§ **ACTION ITEM**
Each record must appear in the answer exactly as it does in the data.

§ **EXTRACTED RECORDS**

[Start of Attachment]

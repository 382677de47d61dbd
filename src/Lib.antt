-- ===== src/Lib.antt =====
-- EventSphere, a ticket booking system of two services: an HTTP API (services/api) that owns users,
-- events and orders, and an inventory service (services/inventory) that owns the seats of each event
-- and is called by gRPC. Kafka carries what has happened between the API, its workers and the
-- inventory service; Redis holds locks, refresh tokens and the counters of the rate limit.
--
-- How a booking goes: `book_tickets` reserves seats by an RPC, inserts an order that is PENDING, and
-- publishes ORDER_CREATED. The payment worker charges and publishes PAYMENT_PROCESSED; the order
-- status worker then confirms the reservation, or releases it, and moves the order. A reservation
-- that is not settled in time is expired by a sweep of the inventory service.
--
-- The files and the code they stand for:
--   Prelude, Prelude/*: names of the libraries, Booleans, integers, lists.
--   Storage, Storage/*: what the code relies on of a database table, as an interface that every
--     component takes as an instance; Assoc fills it by association lists, for the tests. Listing
--     has what a query keeps of the rows.
--   Redis, Redis/*: the same for Redis, with times to live; Memory fills it.
--   Errors, Enums, Pagination: services/shared/errors.py, enums.py and pagination.py. An action is a
--     function from a state to a result or an error, with the state left in either case.
--   Kafka/Topics, Schemas, Producer, Consumer: the modules of services/shared/kafka.
--   Inventory/Models, Session: services/inventory/app/models.py and core/database.py. A session keeps
--     what is committed and what it sees; `flush_inventory` is the UPDATE guarded by the version
--     column.
--   Inventory/Repository and the files under it: repositories/inventory_repository.py. Where the code
--     awaits, an argument says what other transactions commit there (`Attempt`, `Waits`). Serial
--     compares `reserve` with one undisturbed round of it.
--   Inventory/Ledger and the files under it: what the service promises without its tables, as moves on
--     capacities, seats taken and holds, and how its operations are runs of them.
--   Inventory/Seats and the files under it: the invariant `IsValid` of the two tables, and `IsNext`,
--     which also asks that the version of each inventory row that changes moves up.
--   Inventory/Lock: services/locking.py; Inventory/Service: services/inventory_service.py;
--     Inventory/Servicer: the gRPC handlers; Inventory/History: sequences of operations;
--     Inventory/Workers: the consumer of events and the reaper; Inventory/Service/Drain and
--     Inventory/Workers/Drains: what a sweep and the rounds of the reaper work off.
--   Api/Models, Repositories, Client, Booking, Workers, Tokens, Auth, RateLimit, Events: the models,
--     repositories, grpc_client/inventory_client.py, services/booking_service.py, workers,
--     core/security.py, services/auth_service.py with api/deps.py, core/rate_limit.py, and
--     services/event_service.py of services/api/app; Api/Routes: api/v1.
--   Api/Integrity and the files under it: what the tables of the API keep, over all its operations;
--     Api/Workers/Journey: an order from its booking to its tickets, through the workers.
--   Api/Middleware and the file under it: core/logging.py, the answers of core/rate_limit.py, and the
--     middleware and the handlers of exceptions of `create_app` in main.py.
--   Processes and the files under it: the entry points of the workers (services/api/app/workers and
--     services/inventory/app/workers), `lifespan` of services/api/app/main.py, `serve` of
--     services/inventory/app/main.py, api/v1/health.py, and `start` and `stop` of the producer, the
--     consumer and the inventory client. How a call into a library ends is an argument, `Outside`.
--   Migrations and the files under it: migrations/versions/563d0c19ca00_initial_schema.py, its commands
--     as data. Metadata has the tables that the models declare. Catalog is the interface to
--     PostgreSQL: the commands it accepts, and what they leave.
--   Tests modules apply the theorems at concrete inputs.
--
-- Loops: the retry loops of `reserve` and of the lock run over the number of tries that the settings
-- give, by recursion on it, the rounds of the reaper over a
-- number of rounds, and the loop of a consumer over the messages it reads; no fuel is
-- added. Ids are natural numbers in place of UUIDs; times are natural numbers; seats and prices are
-- integers, which Python does not bound; the errors of PostgreSQL on values that do not fit its
-- 32-bit columns are left out.
--
-- Not modelled: the registration of routes and gRPC services, the set-up of logging, configuration,
-- migrations/env.py, generated stubs, and the bodies of PyJWT, bcrypt, SQLAlchemy, redis-py and aiokafka,
-- which are parameters or the interfaces above. In the API's services a handler runs as one step,
-- but for what is said to be committed before the INSERT of an order or of a user.
pub mod Prelude
pub mod Storage
pub mod Redis
pub mod Errors
pub mod Enums
pub mod Pagination
pub mod Kafka
pub mod Inventory
pub mod Api
pub mod Processes
pub mod Migrations
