-- ===== src/Api.antt =====
-- The API service (services/api/app).
pub mod Models
pub mod Client
pub mod Repositories
pub mod Booking
pub mod Workers
pub mod Tokens
pub mod Auth
pub mod RateLimit
pub mod Middleware
pub mod Events
pub mod Integrity
pub mod Routes
pub mod Tests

[End of Attachment]

§ **WRITTEN RESPONSE**
repository 382677de47d61dbd
filename src/Lib.antt
-- ===== src/Lib.antt =====
-- EventSphere, a ticket booking system of two services: an HTTP API (services/api) that owns users,
-- events and orders, and an inventory service (services/inventory) that owns the seats of each event
-- and is called by gRPC. Kafka carries what has happened between the API, its workers and the
-- inventory service; Redis holds locks, refresh tokens and the counters of the rate limit.
--
-- How a booking goes: `book_tickets` reserves seats by an RPC, inserts an order that is PENDING, and
-- publishes ORDER_CREATED. The payment worker charges and publishes PAYMENT_PROCESSED; the order
-- status worker then confirms the reservation, or releases it, and moves the order. A reservation
-- that is not settled in time is expired by a sweep of the inventory service.
--
-- The files and the code they stand for:
--   Prelude, Prelude/*: names of the libraries, Booleans, integers, lists.
--   Storage, Storage/*: what the code relies on of a database table, as an interface that every
--     component takes as an instance; Assoc fills it by association lists, for the tests. Listing
--     has what a query keeps of the rows.
--   Redis, Redis/*: the same for Redis, with times to live; Memory fills it.
--   Errors, Enums, Pagination: services/shared/errors.py, enums.py and pagination.py. An action is a
--     function from a state to a result or an error, with the state left in either case.
--   Kafka/Topics, Schemas, Producer, Consumer: the modules of services/shared/kafka.
--   Inventory/Models, Session: services/inventory/app/models.py and core/database.py. A session keeps
--     what is committed and what it sees; `flush_inventory` is the UPDATE guarded by the version
--     column.
--   Inventory/Repository and the files under it: repositories/inventory_repository.py. Where the code
--     awaits, an argument says what other transactions commit there (`Attempt`, `Waits`). Serial
--     compares `reserve` with one undisturbed round of it.
--   Inventory/Ledger and the files under it: what the service promises without its tables, as moves on
--     capacities, seats taken and holds, and how its operations are runs of them.
--   Inventory/Seats and the files under it: the invariant `IsValid` of the two tables, and `IsNext`,
--     which also asks that the version of each inventory row that changes moves up.
--   Inventory/Lock: services/locking.py; Inventory/Service: services/inventory_service.py;
--     Inventory/Servicer: the gRPC handlers; Inventory/History: sequences of operations;
--     Inventory/Workers: the consumer of events and the reaper; Inventory/Service/Drain and
--     Inventory/Workers/Drains: what a sweep and the rounds of the reaper work off.
--   Api/Models, Repositories, Client, Booking, Workers, Tokens, Auth, RateLimit, Events: the models,
--     repositories, grpc_client/inventory_client.py, services/booking_service.py, workers,
--     core/security.py, services/auth_service.py with api/deps.py, core/rate_limit.py, and
--     services/event_service.py of services/api/app; Api/Routes: api/v1.
--   Api/Integrity and the files under it: what the tables of the API keep, over all its operations;
--     Api/Workers/Journey: an order from its booking to its tickets, through the workers.
--   Api/Middleware and the file under it: core/logging.py, the answers of core/rate_limit.py, and the
--     middleware and the handlers of exceptions of `create_app` in main.py.
--   Processes and the files under it: the entry points of the workers (services/api/app/workers and
--     services/inventory/app/workers), `lifespan` of services/api/app/main.py, `serve` of
--     services/inventory/app/main.py, api/v1/health.py, and `start` and `stop` of the producer, the
--     consumer and the inventory client. How a call into a library ends is an argument, `Outside`.
--   Migrations and the files under it: migrations/versions/563d0c19ca00_initial_schema.py, its commands
--     as data. Metadata has the tables that the models declare. Catalog is the interface to
--     PostgreSQL: the commands it accepts, and what they leave.
--   Tests modules apply the theorems at concrete inputs.
--
-- Loops: the retry loops of `reserve` and of the lock run over the number of tries that the settings
-- give, by recursion on it, the rounds of the reaper over a
-- number of rounds, and the loop of a consumer over the messages it reads; no fuel is
-- added. Ids are natural numbers in place of UUIDs; times are natural numbers; seats and prices are
-- integers, which Python does not bound; the errors of PostgreSQL on values that do not fit its
-- 32-bit columns are left out.
--
-- Not modelled: the registration of routes and gRPC services, the set-up of logging, configuration,
-- migrations/env.py, generated stubs, and the bodies of PyJWT, bcrypt, SQLAlchemy, redis-py and aiokafka,
-- which are parameters or the interfaces above. In the API's services a handler runs as one step,
-- but for what is said to be committed before the INSERT of an order or of a user.
pub mod Prelude
pub mod Storage
pub mod Redis
pub mod Errors
pub mod Enums
pub mod Pagination
pub mod Kafka
pub mod Inventory
pub mod Api
pub mod Processes
pub mod Migrations
-- ===== src/Api.antt =====
-- The API service (services/api/app).
pub mod Models
pub mod Client
pub mod Repositories
pub mod Booking
pub mod Workers
pub mod Tokens
pub mod Auth
pub mod RateLimit
pub mod Middleware
pub mod Events
pub mod Integrity
pub mod Routes
pub mod Tests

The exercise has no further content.